The letters a, b, c, d, f, g, h, I, j and k represent the lengths of the photographs in centimetres and these are the numbers 1, 2, 3, …., 10 in some order.

c. Show that one of j and k is even and the other odd.
d. Show that at least one of the lengths or the width of the frame must be odd.

2. Hello, lalji!

Here is the first part . . .

Kevin had five rectangular photographs. The ten side lengths of the photographs were:
1 cm, 2 cm, 3 cm, …, 10 cm, (with each occurring once).

Kevin assembled the five photographs with no gaps or overlaps into a square frame of side length 11 cm.
Three of the photographs had size 1 cm x 6 cm, 2 cm x 10 cm and 3 cm x 9cm.
a) Find the side lengths of the other two photographs
and show how the photographs can be put in the frame.
The square frame has an area of: $11^2 = 121$ cm².

The three given photos have a total area of: $(1\times6) + (2\times10) + (3\times9) \:=\:53$ cm².

This leaves: $121 - 53 \:=\:68$ cm² to be covered by the other two photos.
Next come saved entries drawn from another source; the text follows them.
-- ===== src/Svchub/Death.antt =====
-- src/svchub/svchub_proc.c: what happens when a service ends.
use minibase.Base.{
  ℕ, ◌-◌, ◌/◌, ◌%◌, ◌+◌, Bool, true, false, not, ◌&&◌, ◌==◌, if◌then◌else◌, Bytes, codes,
}
use minibase.Base.Int.{pos, is_neg, pred_ℤ}
use minibase.Base.Memory.{load}
use minibase.Format.Put.{Out}
use minibase.Format.Write.{fmtstr, fmtstrn}
use minibase.Format.Number.{fmti64}
use minibase.Svchub.State.{name_len, Proc, blank_proc, say, Top, Kernel, logged, proc_at, put_proc}
use minibase.Svchub.Proc.{flush_ring_buf, spawn_proc, ran_long_enough}
use minibase.Svchub.Ring.{zeroed, close_proc}
use minibase.Svchub.Conn.{notify_dead}

-- WIFEXITED, WEXITSTATUS and WTERMSIG
abbrev pub exited : ℕ → Bool
exited status = status % 128 == 0

abbrev pub exit_status : ℕ → ℕ
exit_status status = status / 256 % 256

abbrev pub term_signal : ℕ → ℕ
term_signal status = status % 128

-- WIFSTOPPED
abbrev pub stopped : ℕ → Bool
stopped status = status % 256 == 0x7F

abbrev pub errtag : Bytes
errtag = codes "svchub"

abbrev pub report_len : ℕ
report_len = 200

-- The line on stderr. The buffer starts at 0.
unfoldable pub report_dead : Proc → ℕ → Bytes
report_dead p status =
    let e = report_len - 1 in
    let o1 = fmtstr zeroed 0 e errtag in
    let o2 = fmtstr o1.mem o1.ptr e (codes ": ") in
    let o3 = fmtstrn o2.mem o2.ptr e p.name name_len in
    let exit_text = fmtstr o3.mem o3.ptr e (codes " exit ") in
    let signal_text = fmtstr o3.mem o3.ptr e (codes " signal ") in
    let o : Out =
      if exited status
      then fmti64 exit_text.mem exit_text.ptr e (pos (exit_status status))
      else if not (stopped status)
      then fmti64 signal_text.mem signal_text.ptr e (pos (term_signal status))
      else fmtstr o3.mem o3.ptr e (codes " died") in
    load (λ a. if a == o.ptr then 10 else o.mem a) 0 (o.ptr + 1)

abbrev pub mark_stopped : Top → ℕ → Top
mark_stopped c i =
    let p = proc_at c i in
    put_proc c i (record p { flags = record (p.flags) { killed = false }; pid = 0; time = 0 })

abbrev pub mark_died : Top → ℕ → ℕ → Top
mark_died c i status =
    let p = proc_at c i in
    put_proc c i (record p { flags = record (p.flags) { status = true }; pid = status })

-- behind the report
unfoldable pub respawn : Kernel → Top → ℕ → ℕ → Top
unfolding ran_long_enough spawn_proc
respawn k c i status =
    let (timed, long) = ran_long_enough k c i in
    let r = spawn_proc k timed i in
    if (proc_at c i).flags.once
    then mark_died c i status
    else if not long
    then mark_died (logged timed (say (codes "not respawning"))) i status
    else if is_neg r.ret
    then mark_died (logged r.top (say (codes "cannot respawn"))) i status
    else r.top

unfoldable pub proc_died : Kernel → Top → ℕ → ℕ → Top
unfolding close_proc notify_dead flush_ring_buf respawn report_dead
proc_died k c i status =
    let p = proc_at c i in
    let closed = close_proc (record c { nalive = pred_ℤ c.nalive }) i in
    if p.flags.killed
    then notify_dead k (mark_stopped closed i) p.pid
    else if p.flags.once && status == 0
    then put_proc (flush_ring_buf k closed i).top i blank_proc
    else respawn k (logged closed (say (report_dead (proc_at closed i) status))) i status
The two photos have dimensions $\{4,5,7,8\}$

(a) The only combination which totals 68 cm² is: . $(4\times7) + (5\times8)$

Code:
                      9                       2
* - - - - - - - - - - - - - - - - - * - - - *
|                                   |       |
|   .   .   .   .   .   .   .   .   |   .   |
3 |                                   |       |
|   .   .   .   .   .   .   .   .   |   .   |
|                                   |       |
* - - - - - - - - - * - - - - - - - *   .   |
|                   |               |       |
|   .   .   .   .   |   .   .   .   |   .   |
|                   |               |       |
|   .   .   .   .   |   .   .   .   |   .   | 10
|                   |               |       |
|   .   .   .   .   |   .   .   .   |   .   |
|                   | 7             |       |
8 |   .   .   .   .   |   .   .   .   |   .   |
|                   |               |       |
|   .   .   .   .   |   .   .   .   |   .   |
|                   |               |       |
|   .   .   .   .   |   .   .   .   |   .   |
|                   |       4       |       |
|   .   .   .   .   * - - - - - - - * - - - *
|                   |                       | 1
* - - - - - - - - - * - - - - - - - - - - - *
5                     6

3. Hi:

I haven't much time at present, but a couple of things stand out which may be helpful.

1.First, note that the perimeter of shown 15X10 rectangle is (1/2)sum of
perimeters of four peripheral boxes, or, sum of half perimeters for peripheral boxes

2. Perimeter of 15X10 is 50 cm.

3. Since dimensions of all pics are taken on {1,2,3,...,10} without replacement, the sum: l1+w1+l2+w2+...+w5 = (1+2+3+...+10)/2 = 10(11)/2 = 55. Thus, j+k = 55 - outside perimeter of 2(15+10)= 5. Among other things, this settles your one odd, one even quandry regarding j and k.

4. Think system of equation perhaps.

5. Think hypotenuse via Pyth. Thm.

6. 5sqrt(13) = diagonal length of rectangular frame.

7. sum areas, etc.

sorry no more time. moving furnature today -- not nearly as much fun as math...or a heart attack for that matter

Good Luck.

Rich B.

4. ## Thanks for the reply

Thanks Soroban and Rich.